O quizás podemos pensarlo de otra manera: tenemos la oportunidad de conectar todas estas cosas para activar una revolución cultural. Y podemos hacerlo desde nuestra propia realidad latinoamericana, para variar — porque tenemos también la necesidad. Hemos sufrido las consecuencias de la pandemia de manera singularmente dolorosa, y seguimos aún sufriendo por recuperarnos. Nuestras democracias están polarizadas y fatigadas, nuestros servicios públicos desbordados. Nuestras economías hacen su mejor esfuerzo por mantenerse competitivas en un mercado global, pero siguen siendo esencialmente dependientes de la materia prima de turno como oportunidad para crear desarrollo económico. El racismo, la exclusión y la desigualdad siguen siendo moneda común a través de la región.

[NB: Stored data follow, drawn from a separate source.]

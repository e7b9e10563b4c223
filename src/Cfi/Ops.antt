-- ===== src/Cfi/Ops.antt =====
-- Expressions of src/gu_cfi_helper.c: `gu_cfi_init_ops_from_block` decodes a block of at most
-- `DWARF_OPS_MAX` operations; a row turns into operations for the frame address and for each
-- register. The operation codes are those of the DWARF standard.
use libgunwinder.Base.{
  ℕ, zero, suc, ◌-◌, Bool, true, false, List, [], ◌∷◌, ◌++◌, ltb, leb, ◌==◌, ◌&&◌, if◌then◌else◌,
  length, take, drop, Run, ok, fail, fault, wild_pointer, ◌>>=◌, ◌>>◌, check,
}
use libgunwinder.Decode.{
  Format, uleb128, sleb128, udata2, udata4, udata8, sdata2, sdata4, sdata8, decode_read_checked,
  sign_extend,
}
use libgunwinder.Cfi.{
  Reg, FrameRule, unspecified, undefined, same_value, offset, val_offset, register, expression,
  val_expression, CfaRule, no_cfa, reg_plus, expr, overwritten, Row, RegRule, rule_value, get_rule,
}

-- Dwarf_Op; `position` is its `offset` in the block.
pub record Op : Type 0 where
  pub atom : ℕ
  pub number : ℕ
  pub number2 : ℕ
  pub position : ℕ

abbrev pub dwarf_ops_max : ℕ
dwarf_ops_max = 256

-- What follows an operation code in a block.
pub data Operands : Type 0 where
  no_operand unsigned_byte signed_byte unsupported : Operands
  one_operand : Format → Operands
  two_operands : Format → Format → Operands
  byte_and_word : Operands

-- Ranges of codes with their operands; the first range that holds a code counts.
abbrev pub operand_table : List (ℕ × ℕ × Operands)
operand_table =
    (0x03, 0x03, one_operand udata8)
    ∷ (0x06, 0x06, no_operand)
    ∷ (0x08, 0x08, unsigned_byte)
    ∷ (0x09, 0x09, signed_byte)
    ∷ (0x0a, 0x0a, one_operand udata2)
    ∷ (0x0b, 0x0b, one_operand sdata2)
    ∷ (0x0c, 0x0c, one_operand udata4)
    ∷ (0x0d, 0x0d, one_operand sdata4)
    ∷ (0x0e, 0x0e, one_operand udata8)
    ∷ (0x0f, 0x0f, one_operand sdata8)
    ∷ (0x10, 0x10, one_operand uleb128)
    ∷ (0x11, 0x11, one_operand sleb128)
    ∷ (0x12, 0x14, no_operand)
    ∷ (0x15, 0x15, unsigned_byte)
    ∷ (0x16, 0x22, no_operand)
    ∷ (0x23, 0x23, one_operand uleb128)
    ∷ (0x24, 0x27, no_operand)
    ∷ (0x28, 0x28, one_operand sdata2)
    ∷ (0x29, 0x2e, no_operand)
    ∷ (0x2f, 0x2f, one_operand sdata2)
    ∷ (0x30, 0x6f, no_operand)
    ∷ (0x70, 0x8f, one_operand sleb128)
    ∷ (0x90, 0x90, one_operand uleb128)
    ∷ (0x91, 0x91, one_operand sleb128)
    ∷ (0x92, 0x92, two_operands uleb128 sleb128)
    ∷ (0x93, 0x93, one_operand uleb128)
    ∷ (0x94, 0x95, unsigned_byte)
    ∷ (0x96, 0x97, no_operand)
    ∷ (0x98, 0x98, one_operand sdata2)
    ∷ (0x99, 0x99, one_operand sdata4)
    ∷ (0x9a, 0x9a, one_operand udata8)
    ∷ (0x9b, 0x9c, no_operand)
    ∷ (0x9d, 0x9d, two_operands uleb128 uleb128)
    ∷ (0x9f, 0x9f, no_operand)
    ∷ (0xa0, 0xa0, two_operands udata8 udata8)
    ∷ (0xa1, 0xa2, one_operand uleb128)
    ∷ (0xa5, 0xa5, two_operands uleb128 uleb128)
    ∷ (0xa6, 0xa7, byte_and_word)
    ∷ (0xa8, 0xa9, one_operand uleb128)
    ∷ (0xe0, 0xe0, no_operand)
    ∷ (0xf0, 0xf0, no_operand)
    ∷ (0xf2, 0xf2, two_operands udata8 udata8)
    ∷ (0xf5, 0xf5, two_operands uleb128 uleb128)
    ∷ (0xf6, 0xf6, byte_and_word)
    ∷ (0xf7, 0xf7, one_operand uleb128)
    ∷ (0xf9, 0xf9, one_operand uleb128)
    ∷ (0xfa, 0xfa, one_operand sdata4)
    ∷ (0xfb, 0xfc, one_operand uleb128)
    ∷ (0xfd, 0xfd, one_operand udata8)
    ∷ []

unfoldable pub find_operands : List (ℕ × ℕ × Operands) → ℕ → Operands
find_operands [] atom = unsupported
find_operands ((lo, hi, o) ∷ r) atom =
    if leb lo atom && leb atom hi then o else find_operands r atom

-- The operation with its operands read, and the bytes behind it.
unfoldable pub read_operands : Operands → Op → List ℕ → Run (Op × List ℕ)
read_operands no_operand op r = ok (op, r)
read_operands unsigned_byte op [] = fail
read_operands unsigned_byte op (b ∷ r) = ok (record op { number = b }, r)
read_operands signed_byte op [] = fail
read_operands signed_byte op (b ∷ r) = ok (record op { number = sign_extend 1 b }, r)
read_operands (one_operand f) op r = do
  (v, r₁) ← decode_read_checked f r
  ok (record op { number = v }, r₁)
read_operands (two_operands f g) op r = do
  (v, r₁) ← decode_read_checked f r
  (w, r₂) ← decode_read_checked g r₁
  ok (record op { number = v; number2 = w }, r₂)
read_operands byte_and_word op [] = fail
read_operands byte_and_word op (b ∷ r) = do
  (w, r₁) ← decode_read_checked udata8 r
  ok (record op { number = b; number2 = w }, r₁)
read_operands unsupported op r = fail

abbrev pub plain_op : ℕ → ℕ → Op
plain_op atom position = record { atom = atom; number = 0; number2 = 0; position = position }

-- `room` is `DWARF_OPS_MAX - size`; a block that ends with no room left is refused.
unfoldable pub block_loop : ℕ → ℕ → List ℕ → Run (List Op)
block_loop zero total r = fail
block_loop (suc room) total [] = ok []
block_loop (suc room) total (atom ∷ r) =
    read_operands (find_operands operand_table atom) (plain_op atom (total - length (atom ∷ r))) r
    >>= λ p. block_loop room total p.1 >>= λ ops. ok (p.0 ∷ ops)

abbrev pub op_call_frame_cfa : ℕ
op_call_frame_cfa = 0x9c

abbrev pub op_stack_value : ℕ
op_stack_value = 0x9f

abbrev pub op_plus_uconst : ℕ
op_plus_uconst = 0x23

abbrev pub op_regx : ℕ
op_regx = 0x90

abbrev pub op_bregx : ℕ
op_bregx = 0x92

-- Behind a value expression stands `DW_OP_stack_value`, at the end of the block.
abbrev pub value_suffix : FrameRule → ℕ → List Op
value_suffix val_expression total = plain_op op_stack_value total ∷ []
value_suffix _ total = []

unfoldable pub init_ops_from_block : List ℕ → FrameRule → Bool → Run (List Op)
init_ops_from_block [] rule cfa = fail
init_ops_from_block (b ∷ r) rule true = do
  ops ← block_loop dwarf_ops_max (length (b ∷ r)) (b ∷ r)
  ok (ops ++ value_suffix rule (length (b ∷ r)))
init_ops_from_block (b ∷ r) rule false = do
  ops ← block_loop (dwarf_ops_max - 1) (length (b ∷ r)) (b ∷ r)
  ok (plain_op op_call_frame_cfa 0 ∷ (ops ++ value_suffix rule (length (b ∷ r))))

unfoldable pub cfa_rule_ops : CfaRule → Run (List Op)
cfa_rule_ops no_cfa = fail
cfa_rule_ops (reg_plus number number2) =
    ok (record { atom = op_bregx; number = number; number2 = number2; position = 0 } ∷ [])
cfa_rule_ops (expr block) = init_ops_from_block block expression true
cfa_rule_ops (overwritten len) = if len == 0 then fail else fault wild_pointer

abbrev pub get_cfa_ops : Row → Run (List Op)
get_cfa_ops row = cfa_rule_ops row.cfa

abbrev pub plus_value : RegRule → List Op
plus_value r =
    if rule_value r == 0
    then []
    else record { atom = op_plus_uconst; number = rule_value r; number2 = 0; position = 0 } ∷ []

-- A rule by an expression names the place of its length in the section data.
unfoldable pub expression_ops : List ℕ → RegRule → Run (List Op)
expression_ops cfi_data r = do
  check (ltb (rule_value r) (length cfi_data))
  (len, p) ← decode_read_checked uleb128 (drop (rule_value r) cfi_data)
  check (leb len (length p))
  init_ops_from_block (take len p) r.rule false

unfoldable pub get_rule_ops : List ℕ → RegRule → FrameRule → Run (List Op)
get_rule_ops cfi_data r unspecified = fail
get_rule_ops cfi_data r undefined = fail
get_rule_ops cfi_data r same_value = fail
get_rule_ops cfi_data r offset = ok (plain_op op_call_frame_cfa 0 ∷ plus_value r)
get_rule_ops cfi_data r val_offset =
    ok (plain_op op_call_frame_cfa 0 ∷ (plus_value r ++ plain_op op_stack_value 0 ∷ []))
get_rule_ops cfi_data r register =
    ok (record { atom = op_regx; number = rule_value r; number2 = 0; position = 0 } ∷ [])
get_rule_ops cfi_data r expression = expression_ops cfi_data r
get_rule_ops cfi_data r val_expression = expression_ops cfi_data r

abbrev pub get_regs_ops : List ℕ → Row → Reg → Run (List Op)
get_regs_ops cfi_data row reg = get_rule_ops cfi_data (get_rule row reg) (get_rule row reg).rule
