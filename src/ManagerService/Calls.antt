-- ===== src/ManagerService/Calls.antt =====
-- The dispatch of method calls: `manager_methods` and its handlers.
use eos_payg.Base.{ℕ, Bool, false, ◌&&◌, Option, none, some, List, [], ◌∷◌, if◌then◌else◌}
use eos_payg.Base.Int.{pos}
use eos_payg.Manager.{Clock, ManagerError, ◌>>=◌}
use eos_payg.Manager.AddCode.{AddResult, added, refused}
use eos_payg.Provider.{Provider, provider_add_code, provider_clear_code}
use eos_payg.ManagerService.{Variant, int64, payg_interface, properties_interface}
use eos_payg.ManagerService.Properties.{
  Reply, return_value, return_error, provider_error, properties_get, properties_set,
  properties_get_all,
}
use Prim.Native.String.{String}
use text.Mathlib.Text.{◌==◌ as str_eq}

-- The parameters of a call, by their D-Bus types.
pub data CallParameters : Type 0 where
  no_arguments : CallParameters
  interface_argument : String → CallParameters
  property_arguments : String → String → CallParameters
  value_arguments : String → String → Variant → CallParameters
  code_argument : List ℕ → CallParameters

-- A handler; a call with parameters of another type never reaches it, and is a failed assertion.
abbrev pub Handler : Type 0 → Type 0
Handler S = Clock → CallParameters → S → Option (S × Reply)

-- An answer that leaves the provider as it is.
abbrev unchanged : {S : Type 0} → S → Option Reply → Option (S × Reply)
unchanged p none = none
unchanged p (some r) = some (p, r)

abbrev pub add_code_reply : AddResult → Reply
add_code_reply (added time_added) = return_value (int64 (pos time_added) ∷ [])
add_code_reply (refused e) = return_error (provider_error e)

abbrev pub clear_code_reply : Option ManagerError → Reply
clear_code_reply none = return_value []
clear_code_reply (some e) = return_error (provider_error e)

-- What `epg_manager_service_entry_dispatch` finds: whether there is an object at the node, which is
-- `none` for the root, with the interface.
unfoldable pub entry_dispatch : Option String → String → Bool
entry_dispatch none i = str_eq i payg_interface
entry_dispatch (some node) i = false

module _ (is_interface_name : String → Bool) {S : Type 0} (P : Provider S) where
  unfoldable pub call_get : Handler S
  call_get c (property_arguments i n) p = unchanged p (properties_get is_interface_name P i n p)
  call_get c _ p = none

  unfoldable pub call_set : Handler S
  call_set c (value_arguments i n v) p = properties_set is_interface_name P i n v p
  call_set c _ p = none

  unfoldable pub call_get_all : Handler S
  call_get_all c (interface_argument i) p = unchanged p (properties_get_all is_interface_name P i p)
  call_get_all c _ p = none

  unfoldable pub manager_add_code : Handler S
  manager_add_code c (code_argument code_str) p = do
    r ← provider_add_code P c code_str p
    some (r.0, add_code_reply r.1)
  manager_add_code c _ p = none

  unfoldable pub manager_clear_code : Handler S
  manager_clear_code c no_arguments p = do
    r ← provider_clear_code P c p
    some (r.0, clear_code_reply r.1)
  manager_clear_code c _ p = none

  abbrev pub manager_methods : List (String × String × Handler S)
  manager_methods =
      (properties_interface, "Get", call_get)
      ∷ (properties_interface, "Set", call_set)
      ∷ (properties_interface, "GetAll", call_get_all)
      ∷ (payg_interface, "AddCode", manager_add_code)
      ∷ (payg_interface, "ClearCode", manager_clear_code)
      ∷ []

  -- The first handler of the name; that there is one is asserted.
  unfoldable pub find_method :
      String → String → List (String × String × Handler S) → Option (Handler S)
  find_method i n [] = none
  find_method i n ((j, m, func) ∷ rest) =
      let found = find_method i n rest in if str_eq j i && str_eq m n then some func else found

  -- `own_path` is the object's path.
  unfoldable pub method_call : String → String → String → String → Handler S
  method_call own_path object_path i n c parameters p =
      if str_eq object_path own_path
      then (do func ← find_method i n manager_methods; func c parameters p)
      else none
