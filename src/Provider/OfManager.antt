-- ===== src/Provider/OfManager.antt =====
-- manager.c: the class `EpgManager` as a provider.
use eos_payg.Base.{ℕ, Bool, some, List}
use eos_payg.Base.Strings.{bytes}
use eos_payg.Manager.{Manager, Runtime}
use eos_payg.Manager.AddCode.{
  add_code, clear_code, wallclock_time_changed, get_expiry_time, get_rate_limit_end_time,
}
use eos_payg.Manager.Shutdown.{shutdown_async}
use eos_payg.Provider.{Provider}

unfoldable pub get_enabled : Manager → Bool
get_enabled m = m.enabled

unfoldable pub get_account_id : Manager → List ℕ
get_account_id m = m.account_id

unfoldable pub manager_provider : Runtime → Provider Manager
manager_provider R = record {
  iface_add_code = some (λ c code_str m. add_code R c code_str m);
  iface_clear_code = some clear_code;
  iface_shutdown_async = some shutdown_async;
  iface_wallclock_time_changed = some (λ c delta m. wallclock_time_changed R c delta m);
  iface_get_expiry_time = some get_expiry_time;
  iface_get_enabled = some get_enabled;
  iface_get_rate_limit_end_time = some get_rate_limit_end_time;
  iface_get_clock = some (λ c m. c);
  iface_get_account_id = some get_account_id;
  iface_code_format = some (bytes "^[0-9]{8}$");
  iface_code_format_prefix = some (bytes "");
  iface_code_format_suffix = some (bytes "");
  iface_code_length = 8;
}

Entonces, ¿por qué no apostar por un Nuevo Renacimiento? Por construir una constelación de iniciativas nuevas que sepan capitalizar todo lo que estas tecnologías traen sobre la mesa — la posibilidad de construir organizaciones más ligeras y ágiles, con mayor alcance, que puedan tener mayor impacto a una fracción del costo. Desarrollar iniciativas que contribuyan a reconstruir una economía regenerativa que vea más allá de la sostenibilidad y apunte a la regeneración de nuestra relación con la naturaleza y nuestro tejido social. Crear los mecanismos que nos permitan amplificar la creatividad de todas las personas y comunidades de nuestra región, ayudando a conectarlas entre sí para crear aprendizajes cruzados e intercambios creativos. Y trabajar activamente para que cada vez más voces desde todas las diversidades posibles tengan lugar en esa gran conversación regional.

Me cuesta mucho pensar que la economía del futuro estará compuesta por organizaciones como las conocemos hoy — especialmente en América Latina, donde la tajada más grande de la economía sigue organizada de manera informal. Pienso en las organizaciones más ligeras y ágiles que estamos viendo emerger, que están abandonando la ilusión del hipercrecimiento para construir en su lugar modelos sostenibles y resilientes. Pienso en los nuevos modelos de financiamiento que están poniendo expectativas de impacto social y ambiental al mismo nivel que las expectativas de retorno financiero. Pienso en la manera como toda organización moderna se ha convertido en una red distribuida de personas repartidas a través de múltiples ubicaciones y zonas horarias. Pienso en la amplificación productiva y creativa a la que pueden acceder los equipos utilizando plataformas modernas de nocode e inteligencia artificial.

Y pienso en una constelación de iniciativas de todos los tamaños y formas trabajando para responder rápida y efectivamente a la lista interminable de desafíos que tenemos a través de la región — casi 600 millones de personas conectados por una red de lenguas, tradiciones, e historia. Y me hace sentido tratar de conectarlo todo, porque en los últimos meses he conocido muchísima gente que lo está intentando, y cada vez conozco más y pienso: todas estas personas haciendo cosas increíbles. Todas estas personas deberían conocerse y conversar.

Todas estas personas empezando una revolución cultural. Todo esto debería estar conectado.